Parties do not publish masses of detail in their policy statements. Voters
would not be expected to read and understand it even if they did. In assessing
claims for the government's mandate to sell a third of Telstra, for instance,
the fact that voters rated six other issues as more important than privatisation
in their decision on how to vote need to be taken into account. A vote
is a single answer to many, many questions. Given a limited choice, a
vote cast represents the selection of a preferred - not necessarily liked
- candidate. The result of the 1996 election was widely seen as a delayed
reaction to thirteen years of ALP rule. The opposition successfully tapped
into the electorate's tiredness of social and economic change - hardly
grounds for a mandate for sweeping change. If the only way an electorate
can pass judgement on a government's performance is to vote them out at
the next election, what does this say of the mandate of the incoming government?

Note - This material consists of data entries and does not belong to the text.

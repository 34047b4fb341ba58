-- ===== src/Markdown/Text.antt =====
-- Texts as lists of code points: Python's `startswith`, `endswith`, and the search of a regular
-- expression that matches no empty text.
pub mod Search
use ever_os.Prelude.{eqb, if◌then◌else◌, ℕ, Bool, false, Option, none, some, List, [], ◌∷◌}

abbrev pub Text : Type 0
Text = List ℕ

-- A pattern takes what it matches off the front of a text, and leaves the rest.
abbrev pub Pattern : Type 0
Pattern = Text → Option (Text × Text)

abbrev pub newline : ℕ
newline = 10

abbrev pub carriage_return : ℕ
carriage_return = 13

unfoldable pub strip_prefix : Text → Text → Option Text
strip_prefix [] s = some s
strip_prefix (c ∷ p) [] = none
strip_prefix (c ∷ p) (d ∷ s) = if eqb c d then strip_prefix p s else none

-- The pattern that matches one text.
unfoldable pub literal : Text → Pattern
literal p s = elim (strip_prefix p s) [ none ↦ none | some rest ↦ some (p, rest) ]

-- `Pattern.search`: the text before the first match, the match, and the text after it.
unfoldable pub search_first : Pattern → Text → Option (Text × Text × Text)
search_first match [] = none
search_first match (c ∷ s) = elim (match (c ∷ s)) [
  | some (found, rest) ↦ some ([], found, rest)
  | none ↦ elim (search_first match s) [
    | none ↦ none
    | some (before, found, rest) ↦ some (c ∷ before, found, rest)
  ]
]

unfoldable pub ends_with_newline : Text → Bool
ends_with_newline [] = false
ends_with_newline (c ∷ []) = eqb c newline
ends_with_newline (c ∷ d ∷ s) = ends_with_newline (d ∷ s)
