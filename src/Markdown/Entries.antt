-- ===== src/Markdown/Entries.antt =====
-- src/everos/core/persistence/markdown/entries.py: the ids of entries, the marked spans of a body.
pub mod Markers
pub mod Scan
pub mod RoundTrip
use Prim.Native.Char.{code}
use ever_os.Prelude.{
  leb, eqb, if◌then◌else◌, length, ℕ, zero, suc, ◌+◌, String, Bool, ◌&&◌, ◌||◌, Option, none, some,
  List, [], ◌∷◌, ◌++◌,
}
use ever_os.Markdown.Text.{
  Text, Pattern, newline, carriage_return, strip_prefix, literal, search_first,
}

-- The code points of a text literal.
abbrev pub codes : String → Text
codes String.[] = []
codes (String.◌∷◌ c s) = code c ∷ codes s

-- The alphabet of an id in a marker.
unfoldable pub is_id_char : ℕ → Bool
is_id_char c =
    (leb b'A' c && leb c b'Z')
    || (leb b'a' c && leb c b'z')
    || (leb b'0' c && leb c b'9')
    || eqb c b'_'
    || eqb c b'-'

-- The longest run of id characters, and the rest.
unfoldable pub span_id : Text → Text × Text
unfolding is_id_char
span_id [] = ([], [])
span_id (c ∷ s) = let (id, rest) = span_id s in if is_id_char c then (c ∷ id, rest) else ([], c ∷ s)

abbrev open_prefix : Text
open_prefix = codes "<!-- entry:"

abbrev close_prefix : Text
close_prefix = codes "<!-- /entry:"

abbrev marker_suffix : Text
marker_suffix = codes " -->"

unfoldable pub open_marker : Text → Text
open_marker id = open_prefix ++ (id ++ marker_suffix)

unfoldable pub close_marker : Text → Text
close_marker id = close_prefix ++ (id ++ marker_suffix)

-- The open marker's pattern, after its prefix. A space ends the id, so the longest run is the only
-- one that fits.
unfoldable pub match_suffix : Text → Text → Option (Text × Text)
match_suffix [] s = none
match_suffix (c ∷ id) s = elim (strip_prefix marker_suffix s) [
  | none ↦ none
  | some rest ↦ some (c ∷ id, rest)
]

unfoldable pub match_id : Text → Option (Text × Text)
match_id s = let (id, rest) = span_id s in match_suffix id rest

unfoldable pub match_open : Pattern
match_open s = elim (strip_prefix open_prefix s) [ none ↦ none | some after ↦ match_id after ]

unfoldable pub match_close : Text → Pattern
match_close id = literal (close_marker id)

pub record Entry : Type 0 where
  pub id : Text
  pub body : Text
  pub start : ℕ
  pub stop : ℕ

unfoldable pub strip_leading : Text → Text
strip_leading [] = []
strip_leading (c ∷ []) = if eqb c newline then [] else c ∷ []
strip_leading (c ∷ d ∷ s) =
    if eqb c carriage_return && eqb d newline then s else if eqb c newline then d ∷ s else c ∷ d ∷ s

unfoldable pub strip_trailing : Text → Text
strip_trailing [] = []
strip_trailing (c ∷ []) = if eqb c newline then [] else c ∷ []
strip_trailing (c ∷ d ∷ []) =
    if eqb d newline then (if eqb c carriage_return then [] else c ∷ []) else c ∷ d ∷ []
strip_trailing (c ∷ d ∷ e ∷ s) = c ∷ strip_trailing (d ∷ e ∷ s)

unfoldable pub strip_one_newline : Text → Text
strip_one_newline text = strip_trailing (strip_leading text)

-- The entry whose open marker stands at offset `start`.
unfoldable pub entry_at : ℕ → Text → Text → Entry
entry_at start id content = record {
  id = id;
  body = strip_one_newline content;
  start = start;
  stop = start + length (open_marker id) + length content + length (close_marker id);
}

-- One round of the scan from offset `pos` of the body. The fuel bounds the rounds.
unfoldable pub split_from : ℕ → ℕ → Text → List Entry
split_from zero pos s = []
split_from (suc fuel) pos s = elim (search_first match_open s) [
  | none ↦ []
  | some (before, id, after) ↦ elim (search_first (match_close id) after) [
    | none ↦ []
    | some (content, _, rest) ↦
        let entry = entry_at (pos + length before) id content in
        entry ∷ split_from fuel entry.stop rest
  ]
]

unfoldable pub split_entries : Text → List Entry
split_entries body = split_from (length body) 0 body

unfoldable pub find_entry : Text → Text → Option Entry
find_entry body id = elim (search_first (literal (open_marker id)) body) [
  | none ↦ none
  | some (before, _, after) ↦ elim (search_first (match_close id) after) [
    | none ↦ none
    | some (content, _, _) ↦ some (entry_at (length before) id content)
  ]
]

-- The text that the writer appends for one entry: its markers, with the body on lines of its own.
unfoldable pub entry_block : Text → Text → Text
entry_block id body =
    open_marker id ++ (newline ∷ (body ++ (newline ∷ (close_marker id ++ newline ∷ []))))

The idea of a mandate suggests that a truly democratic system must incorporate
some kind of link between the government and citizens outside elections
and campaigns. The theory of responsible government is an attempt to formalise
(if not codify) that tenuous contract. The obligation of the victorious
party to respect the rights and views of its constituents is said to be
reflected in the chain of responsibility from the executive to the parliament
and to the people. However, with the executive in modern parliamentary
systems in control of the lower house, rather than vice-versa (by virtue
of party discipline), this link in the chain of responsibility is broken.

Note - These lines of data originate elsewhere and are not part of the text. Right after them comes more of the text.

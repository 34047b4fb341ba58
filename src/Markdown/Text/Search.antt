-- ===== src/Markdown/Text/Search.antt =====
-- The search of a marker: a pattern without a newline does not match across the end of a line.
use ever_os.Prelude.{
  eqb, Option-cases, length, any, ℕ, suc, ◌+◌, ◌≤◌, ◌≡◌, refl, sym, ◌∙◌, subst, inl, inr, Bool,
  true, false, Option, none, some, [], ◌∷◌, ◌++◌, arith,
}
use ever_os.Markdown.Text.{
  Text, Pattern, newline, strip_prefix, literal, search_first, ends_with_newline,
}

-- A text is empty or ends a line.
abbrev pub is_lines : Text → Bool
is_lines [] = true
is_lines (c ∷ s) = ends_with_newline (c ∷ s)

abbrev pub has : ℕ → Text → Bool
has c s = any (eqb c) s

-- What a pattern finds with more text behind.
abbrev pub extend : Text → Option (Text × Text) → Option (Text × Text)
extend t none = none
extend t (some (found, rest)) = some (found, rest ++ t)

-- A pattern that takes something, within one line.
pub record IsMarker (match : Pattern) : Type 0 where
  pub grows : (s t : Text) → ends_with_newline s ≡ true → match (s ++ t) ≡ extend t (match s)
  pub grows_line : (s t : Text) → match (s ++ newline ∷ t) ≡ extend (newline ∷ t) (match s)
  pub shrinks : (s found rest : Text) → match s ≡ some (found, rest) → suc (length rest) ≤ length s
  pub leaves_lines :
      (s found rest : Text)
      → is_lines s ≡ true
      → match s ≡ some (found, rest)
      → is_lines rest ≡ true

pub is_lines-tail : (c : ℕ) (s : Text) → is_lines (c ∷ s) ≡ true → is_lines s ≡ true
unfolding ends_with_newline
is_lines-tail c [] h = refl
is_lines-tail c (d ∷ s) h = h

pub ends-cons :
    (c : ℕ) (s : Text)
    → eqb c newline ≡ false
    → ends_with_newline (c ∷ s) ≡ true
    → ends_with_newline s ≡ true
unfolding ends_with_newline
ends-cons c [] n h = ground arith
ends-cons c (d ∷ s) n h = h

pub ends-append :
    (s : Text) (c : ℕ) (t : Text) → ends_with_newline (s ++ c ∷ t) ≡ ends_with_newline (c ∷ t)
unfolding ends_with_newline
ends-append [] c t = refl
ends-append (d ∷ []) c t = refl
ends-append (d ∷ e ∷ s) c t = ends-append (e ∷ s) c t

pub strip_prefix_self : (p s : Text) → strip_prefix p (p ++ s) ≡ some s
unfolding strip_prefix
strip_prefix_self [] s = refl
strip_prefix_self (c ∷ p) s = ground (arith, strip_prefix_self p s)

abbrev pub behind : Text → Option Text → Option Text
behind t none = none
behind t (some rest) = some (rest ++ t)

pub strip_prefix-append :
    (p s t : Text)
    → has newline p ≡ false
    → ends_with_newline s ≡ true
    → strip_prefix p (s ++ t) ≡ behind t (strip_prefix p s)
unfolding strip_prefix
strip_prefix-append [] s t n h = refl
strip_prefix-append (c ∷ p) [] t n h = unfold ends_with_newline in cc
strip_prefix-append (c ∷ p) (d ∷ s) t n h = ground (arith, ends-cons d s, strip_prefix-append p s t)

pub strip_prefix-length :
    (p s rest : Text) → strip_prefix p s ≡ some rest → length p + length rest ≡ length s
unfolding strip_prefix
strip_prefix-length [] s rest h = ground arith
strip_prefix-length (c ∷ p) [] rest h = cc
strip_prefix-length (c ∷ p) (d ∷ s) rest h = ground (arith, strip_prefix-length p s rest)

pub strip_prefix-is_lines :
    (p s rest : Text) → is_lines s ≡ true → strip_prefix p s ≡ some rest → is_lines rest ≡ true
unfolding strip_prefix
strip_prefix-is_lines [] s rest l h = ground arith
strip_prefix-is_lines (c ∷ p) [] rest l h = cc
strip_prefix-is_lines (c ∷ p) (d ∷ s) rest l h =
    ground (arith, is_lines-tail d s l, strip_prefix-is_lines p s rest)

pub strip_prefix-ends :
    (p s rest : Text)
    → has newline p ≡ false
    → ends_with_newline s ≡ true
    → strip_prefix p s ≡ some rest
    → ends_with_newline rest ≡ true
unfolding strip_prefix
strip_prefix-ends [] s rest n l h = ground arith
strip_prefix-ends (c ∷ p) [] rest n l h = cc
strip_prefix-ends (c ∷ p) (d ∷ s) rest n l h =
    ground (arith, ends-cons d s, strip_prefix-ends p s rest)

-- A newline behind a text ends what a pattern without one may take.
pub strip_prefix-line :
    (p s t : Text)
    → has newline p ≡ false
    → strip_prefix p (s ++ newline ∷ t) ≡ behind (newline ∷ t) (strip_prefix p s)
unfolding strip_prefix
strip_prefix-line [] s t n = refl
strip_prefix-line (c ∷ p) [] t n = ground arith
strip_prefix-line (c ∷ p) (d ∷ s) t n = ground (arith, strip_prefix-line p s t)

pub literal-IsMarker : (c : ℕ) (p : Text) → has newline (c ∷ p) ≡ false → IsMarker (literal (c ∷ p))
unfolding literal
literal-IsMarker c p n = record {
  grows = λ s t h. ground (arith, strip_prefix-append (c ∷ p) s t n h);
  grows_line = λ s t. ground (arith, strip_prefix-line (c ∷ p) s t n);
  shrinks = λ s found rest h. ground (arith, strip_prefix-length (c ∷ p) s rest);
  leaves_lines = λ s found rest l h. ground (arith, strip_prefix-is_lines (c ∷ p) s rest l);
}

-- A search fails where the pattern fits nowhere.
pub search_first-none :
    (match : Pattern) (c : ℕ) (s : Text)
    → match (c ∷ s) ≡ none
    → search_first match s ≡ none
    → search_first match (c ∷ s) ≡ none
unfolding search_first
search_first-none match c s m h = rw (m, search_first) (rw (h, search_first) refl)

pub search_first_nowhere :
    (match : Pattern) (c : ℕ) (s : Text)
    → search_first match (c ∷ s) ≡ none
    → (match (c ∷ s) ≡ none) × (search_first match s ≡ none)
unfolding search_first
search_first_nowhere match c s h = (ground arith, ground arith)

-- A search succeeds at the first place where the pattern fits.
pub data Found (match : Pattern) : Text → Text → Text → Text → Type 0 where
  here :
      {c : ℕ} {s found rest : Text}
      → match (c ∷ s) ≡ some (found, rest)
      → Found match (c ∷ s) [] found rest
  later :
      {c : ℕ} {s before found rest : Text}
      → match (c ∷ s) ≡ none
      → Found match s before found rest
      → Found match (c ∷ s) (c ∷ before) found rest

pub search_first-Found :
    {match : Pattern} {s before found rest : Text}
    → Found match s before found rest
    → search_first match s ≡ some (before, found, rest)
unfolding search_first
search_first-Found (here h) = rw (h, search_first)
search_first-Found (later h f) = rw (h, search_first-Found f, search_first)

tail_found :
    (match : Pattern) (c : ℕ) (s before found rest : Text)
    → match (c ∷ s) ≡ none
    → search_first match (c ∷ s) ≡ some (before, found, rest)
    → (b : Text) × (before ≡ c ∷ b) × (search_first match s ≡ some (b, found, rest))
unfolding search_first
tail_found match c s before found rest n h = elim (Option-cases (search_first match s)) [
  | inl e ↦ ground arith
  | inr ((b, f, r), e) ↦ (b, ground arith, ground arith)
]

head_found :
    (match : Pattern) (c : ℕ) (s f r before found rest : Text)
    → match (c ∷ s) ≡ some (f, r)
    → search_first match (c ∷ s) ≡ some (before, found, rest)
    → (before ≡ []) × (match (c ∷ s) ≡ some (found, rest))
unfolding search_first
head_found match c s f r before found rest m h = ground arith

pub Found-of_search :
    (match : Pattern) (s before found rest : Text)
    → search_first match s ≡ some (before, found, rest)
    → Found match s before found rest
unfolding search_first
Found-of_search match [] before found rest h = cc
Found-of_search match (c ∷ s) before found rest h = elim (Option-cases (match (c ∷ s))) [
  | inl n ↦
      let (b, e, t) = tail_found match c s before found rest n h in
      subst (λ (x : Text). Found match (c ∷ s) x found rest) (sym e)
        (later n (Found-of_search match s b found rest t))
  | inr ((f, r), m) ↦
      let (e, t) = head_found match c s f r before found rest m h in
      subst (λ (x : Text). Found match (c ∷ s) x found rest) (sym e) (here t)
]

-- The lengths of the three parts, where the pattern takes `width found` of the text.
pub Found-length :
    (match : Pattern) (width : Text → ℕ) {s before found rest : Text}
    → ((s found rest : Text) → match s ≡ some (found, rest) → length s ≡ width found + length rest)
    → Found match s before found rest
    → length s ≡ length before + width found + length rest
Found-length match width w (here {c} {s} {found} {rest} h) = omega (arith, w (c ∷ s) found rest h)
Found-length match width w (later h f) = omega (arith, Found-length match width w f)

pub literal_self : (p rest : Text) → literal p (p ++ rest) ≡ some (p, rest)
unfolding literal
literal_self p rest = rw (strip_prefix_self p rest, literal) refl

pub literal-length :
    (p s found rest : Text) → literal p s ≡ some (found, rest) → length s ≡ length p + length rest
unfolding literal
literal-length p s found rest h = ground (arith, strip_prefix-length p s rest)

-- A search that fails in whole lines goes on behind them.
abbrev pub shift : Text → Option (Text × Text × Text) → Option (Text × Text × Text)
shift s none = none
shift s (some (before, found, rest)) = some (s ++ before, found, rest)

module _ (match : Pattern) (m : IsMarker match) where
  pub Found-append :
      {s before found rest : Text} (t : Text)
      → is_lines s ≡ true
      → Found match s before found rest
      → Found match (s ++ t) before found (rest ++ t)
  Found-append t l (here {c} {s} h) = here (m.grows (c ∷ s) t l ∙ rw h refl)
  Found-append t l (later {c} {s} h f) =
      later (m.grows (c ∷ s) t l ∙ rw h refl) (Found-append t (is_lines-tail c s l) f)

  pub search_first-append_none :
      (s t : Text)
      → is_lines s ≡ true
      → search_first match s ≡ none
      → search_first match (s ++ t) ≡ shift s (search_first match t)
  unfolding search_first
  search_first-append_none [] t l h = ground arith
  search_first-append_none (c ∷ s) t l h =
      ground (arith, m.grows (c ∷ s) t l, is_lines-tail c s l, search_first-append_none s t)

  pub Found-shrinks :
      {s before found rest : Text} → Found match s before found rest → suc (length rest) ≤ length s
  Found-shrinks (here {c} {s} {found} {rest} h) = m.shrinks (c ∷ s) found rest h
  Found-shrinks (later h f) = omega (arith, Found-shrinks f)

  pub Found-is_lines :
      {s before found rest : Text}
      → is_lines s ≡ true
      → Found match s before found rest
      → is_lines rest ≡ true
  Found-is_lines l (here {c} {s} {found} {rest} h) = m.leaves_lines (c ∷ s) found rest l h
  Found-is_lines l (later {c} {s} h f) = Found-is_lines (is_lines-tail c s l) f

  match_nil : match [] ≡ none
  match_nil = elim (Option-cases (match [])) [
    | inl e ↦ e
    | inr ((found, rest), e) ↦ absurd (omega (arith, m.shrinks [] found rest e))
  ]

  pub match_newline : (t : Text) → match (newline ∷ t) ≡ none
  match_newline t = m.grows_line [] t ∙ rw match_nil refl

  pub Found-line :
      {s before found rest : Text} (t : Text)
      → Found match s before found rest
      → Found match (s ++ newline ∷ t) before found (rest ++ newline ∷ t)
  Found-line t (here {c} {s} h) = here (m.grows_line (c ∷ s) t ∙ rw h refl)
  Found-line t (later {c} {s} h f) = later (m.grows_line (c ∷ s) t ∙ rw h refl) (Found-line t f)

  pub search_first_line :
      (s : Text) → search_first match s ≡ none → search_first match (s ++ newline ∷ []) ≡ none
  search_first_line [] h = search_first-none match newline [] (match_newline []) h
  search_first_line (c ∷ s) h =
      let (n, t) = search_first_nowhere match c s h in
      search_first-none match c _ (m.grows_line (c ∷ s) [] ∙ rw n refl) (search_first_line s t)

The two-party system has ensured that this responsibility is now entirely
limited to the bond between the executive and the electorate. The executive
may not control the upper house but the prime minister is not responsible
to the upper house.
Australian elections deliver decisive results as to which party sits
on the treasury benches but executive power is divided by federalism and
is limited by bi-cameralism, entrenched constitutions and judicial review.

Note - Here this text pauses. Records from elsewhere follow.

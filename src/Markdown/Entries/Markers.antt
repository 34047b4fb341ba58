-- ===== src/Markdown/Entries/Markers.antt =====
-- What the patterns of the two markers take.
use mathlib.Core.List.{append_assoc}
use ever_os.Prelude.{
  eqb, Bool-cases, Option-cases, length, length-append, ℕ, ◌+◌, ◌≡◌, refl, ap, ◌≢◌, inl, inr, Bool,
  true, false, ◌&&◌, some, [], ◌∷◌, ◌++◌, arith,
}
use ever_os.Markdown.Text.{Text, newline, carriage_return, strip_prefix, ends_with_newline}
use ever_os.Markdown.Text.Search.{
  is_lines, has, extend, IsMarker, is_lines-tail, ends-cons, strip_prefix_self, strip_prefix-append,
  strip_prefix-length, strip_prefix-is_lines, strip_prefix-ends, strip_prefix-line,
  literal-IsMarker, literal-length,
}
use ever_os.Markdown.Entries.{
  is_id_char, span_id, open_marker, close_marker, match_suffix, match_id, match_open, match_close,
  open_prefix, marker_suffix,
}

-- Every character of a text may stand in an id.
abbrev pub all_id : Text → Bool
all_id [] = true
all_id (c ∷ s) = is_id_char c && all_id s

id_not_newline : (c : ℕ) → is_id_char c ≡ true → eqb c newline ≡ false
unfolding is_id_char
id_not_newline c h = ground arith

newline_not_id : (c : ℕ) → is_id_char c ≡ true → eqb newline c ≡ false
unfolding is_id_char
newline_not_id c h = ground arith

pub all_id-newline : (id : Text) → all_id id ≡ true → has newline id ≡ false
all_id-newline [] h = refl
all_id-newline (c ∷ s) h = ground (arith, newline_not_id c, all_id-newline s)

span_id_all : (s : Text) → all_id (span_id s).0 ≡ true
unfolding span_id
span_id_all [] = refl
span_id_all (c ∷ s) = ground (arith, span_id_all s)

span_id-length : (s : Text) → length (span_id s).0 + length (span_id s).1 ≡ length s
unfolding span_id
span_id-length [] = omega arith
span_id-length (c ∷ s) = ground (arith, span_id-length s)

span_id-is_lines : (s : Text) → is_lines s ≡ true → is_lines (span_id s).1 ≡ true
unfolding span_id
span_id-is_lines [] h = refl
span_id-is_lines (c ∷ s) h = ground (arith, is_lines-tail c s h, span_id-is_lines s)

-- The run stays within its line.
span_id-append :
    (s t : Text)
    → ends_with_newline s ≡ true
    → (span_id (s ++ t) ≡ ((span_id s).0, (span_id s).1 ++ t))
      × (ends_with_newline (span_id s).1 ≡ true)
unfolding span_id
span_id-append [] t h = unfold ends_with_newline in cc
span_id-append (c ∷ s) t h = elim (Bool-cases (is_id_char c)) [
  | inl e ↦
      let (f, g) = span_id-append s t (ends-cons c s (id_not_newline c e) h) in
      (ground (arith, f), ground arith)
  | inr e ↦ (ground arith, ground arith)
]

-- The run of an id that a space follows is the id.
pub span_id_space :
    (id rest : Text) → all_id id ≡ true → span_id (id ++ b' ' ∷ rest) ≡ (id, b' ' ∷ rest)
unfolding span_id is_id_char
span_id_space [] rest h = refl
span_id_space (c ∷ s) rest h = ground (arith, span_id_space s rest)

match_id_marker :
    (c : ℕ) (id rest : Text)
    → all_id (c ∷ id) ≡ true
    → match_id (c ∷ id ++ (marker_suffix ++ rest)) ≡ some (c ∷ id, rest)
unfolding match_id match_suffix
match_id_marker c id rest h =
    rw (span_id_space (c ∷ id) (b'-' ∷ b'-' ∷ b'>' ∷ rest) h)
      (rw (strip_prefix_self marker_suffix rest, match_suffix) refl)

pub match_open-marker :
    (c : ℕ) (id rest : Text)
    → all_id (c ∷ id) ≡ true
    → match_open (open_marker (c ∷ id) ++ rest) ≡ some (c ∷ id, rest)
unfolding match_open open_marker
match_open-marker c id rest h =
    let e = strip_prefix_self open_prefix (c ∷ id ++ (marker_suffix ++ rest)) in
    rw (append_assoc (c ∷ id) marker_suffix rest) (rw (e, match_open) (match_id_marker c id rest h))

match_suffix_id :
    (id s found rest : Text)
    → all_id id ≡ true
    → match_suffix id s ≡ some (found, rest)
    → (all_id found ≡ true)
      × (found ≢ [])
      × (strip_prefix marker_suffix s ≡ some rest)
      × (found ≡ id)
unfolding match_suffix
match_suffix_id [] s found rest a h = cc
match_suffix_id (c ∷ id) s found rest a h = elim (Option-cases (strip_prefix marker_suffix s)) [
  | inl e ↦ ground arith
  | inr (r, e) ↦ (ground arith, λ z. ground arith, ground arith, ground arith)
]

match_suffix-append :
    (id s t : Text)
    → ends_with_newline s ≡ true
    → match_suffix id (s ++ t) ≡ extend t (match_suffix id s)
unfolding match_suffix
match_suffix-append [] s t h = refl
match_suffix-append (c ∷ id) s t h = ground (arith, strip_prefix-append marker_suffix s t refl h)

match_id-append :
    (s t : Text) → ends_with_newline s ≡ true → match_id (s ++ t) ≡ extend t (match_id s)
unfolding match_id
match_id-append s t h =
    let (f, g) = span_id-append s t h in rw f (match_suffix-append (span_id s).0 (span_id s).1 t g)

span_id_line :
    (s t : Text) → span_id (s ++ newline ∷ t) ≡ ((span_id s).0, (span_id s).1 ++ newline ∷ t)
unfolding span_id is_id_char
span_id_line [] t = refl
span_id_line (c ∷ s) t = ground (arith, span_id_line s t)

match_suffix_line :
    (id s t : Text) → match_suffix id (s ++ newline ∷ t) ≡ extend (newline ∷ t) (match_suffix id s)
unfolding match_suffix
match_suffix_line [] s t = refl
match_suffix_line (c ∷ id) s t = ground (arith, strip_prefix-line marker_suffix s t refl)

match_id_line : (s t : Text) → match_id (s ++ newline ∷ t) ≡ extend (newline ∷ t) (match_id s)
unfolding match_id
match_id_line s t = rw (span_id_line s t) (match_suffix_line (span_id s).0 (span_id s).1 t)

-- What the open marker's pattern takes.
pub match_open_id :
    (s id rest : Text)
    → match_open s ≡ some (id, rest)
    → (after : Text) × (strip_prefix open_prefix s ≡ some after)
      × (all_id id ≡ true)
      × (id ≢ [])
      × (strip_prefix marker_suffix (span_id after).1 ≡ some rest)
      × (id ≡ (span_id after).0)
unfolding match_open match_id
match_open_id s id rest h = elim (Option-cases (strip_prefix open_prefix s)) [
  | inl e ↦ ground arith
  | inr (after, e) ↦
      let (a, n, r, same) =
        match_suffix_id (span_id after).0 (span_id after).1 id rest (span_id_all after)
          (ground arith) in
      (after, e, a, n, r, same)
]

pub match_open-IsMarker : IsMarker match_open
unfolding match_open
match_open-IsMarker = record {
  grows = λ s t h. elim (Option-cases (strip_prefix open_prefix s)) [
    | inl e ↦ ground (arith, strip_prefix-append open_prefix s t refl h)
    | inr (after, e) ↦ ground (
      arith,
      strip_prefix-append open_prefix s t refl h,
      strip_prefix-ends open_prefix s after refl h e,
      match_id-append after t,
    )
  ];
  grows_line = λ s t. elim (Option-cases (strip_prefix open_prefix s)) [
    | inl e ↦ ground (arith, strip_prefix-line open_prefix s t refl)
    | inr (after, e) ↦ ground (arith, strip_prefix-line open_prefix s t refl, match_id_line after t)
  ];
  shrinks = λ s found rest h.
      let (after, e, _, _, r, _) = match_open_id s found rest h in
      omega (
        arith,
        strip_prefix-length open_prefix s after e,
        span_id-length after,
        strip_prefix-length marker_suffix (span_id after).1 rest r,
      );
  leaves_lines = λ s found rest l h.
      let (after, e, _, _, r, _) = match_open_id s found rest h in
      strip_prefix-is_lines marker_suffix (span_id after).1 rest
        (span_id-is_lines after (strip_prefix-is_lines open_prefix s after l e)) r;
}

pub has-append : (c : ℕ) (s t : Text) → has c s ≡ false → has c t ≡ false → has c (s ++ t) ≡ false
has-append c [] t h k = k
has-append c (d ∷ s) t h k = ground (arith, has-append c s t)

return_not_id : (c : ℕ) → is_id_char c ≡ true → eqb carriage_return c ≡ false
unfolding is_id_char
return_not_id c h = ground arith

pub all_id-return : (id : Text) → all_id id ≡ true → has carriage_return id ≡ false
all_id-return [] h = refl
all_id-return (c ∷ s) h = ground (arith, return_not_id c, all_id-return s)

pub close_marker-newline : (id : Text) → all_id id ≡ true → has newline (close_marker id) ≡ false
unfolding close_marker
close_marker-newline id h = has-append newline id marker_suffix (all_id-newline id h) refl

pub match_close-IsMarker : (id : Text) → all_id id ≡ true → IsMarker (match_close id)
unfolding match_close close_marker
match_close-IsMarker id h = literal-IsMarker _ _ (close_marker-newline id h)

pub match_open-length :
    (s id rest : Text)
    → match_open s ≡ some (id, rest)
    → length s ≡ length (open_marker id) + length rest
unfolding open_marker
match_open-length s id rest h =
    let (after, e, _, _, r, same) = match_open_id s id rest h in
    omega (
      arith,
      strip_prefix-length open_prefix s after e,
      span_id-length after,
      strip_prefix-length marker_suffix (span_id after).1 rest r,
      length-append id marker_suffix,
      ap (length {A = ℕ}) same,
    )

pub match_close-length :
    (id s found rest : Text)
    → match_close id s ≡ some (found, rest)
    → length s ≡ length (close_marker id) + length rest
unfolding match_close
match_close-length id s found rest h = literal-length (close_marker id) s found rest h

In this system, governments can choose to seek consensus for their policies
by consulting interest groups and negotiating agreements with the Senate
and state governments. Alternatively, governments can point to their mandate,
threaten the Senate with a double dissolution election and joint sitting,
over-rule the High Court on common law decisions, by-pass state governments
through tied grants and put referenda to the people to change the constitution
if necessary, to put their policies into practice. Claims of a mandate
tend to be aasociated with the latter style of government.
In Australia, the idea of a mandate has been an important weapon in
the government's dealings with the Senate, whose electoral system mitigates
against governments controlling it. If the electorate really wished the
Senate to act as a vigorous check on the government of the day, voters
would prefer minor parties in the Senate in greater numbers than they
do. The fact that in 1996 more than three-quarters of voters gave one
of the two major parties - the two candidates for government - their primary
vote in the upper house would suggest that, at the ballot box, the majority
of electors wanted one of the two major parties to win a majority in both
the House and the Senate as long as it was their preferred party that
won government. After the election, those that voted for the major party
which lost expect their representatives in the Senate to act as a check
on the government. At the ballot box, most voters wanted their preferred
party to control both houses of parliament; they voted for responsible
government. With their preferred party having lost the election, many
then become advocates of the Senate's role in limited government!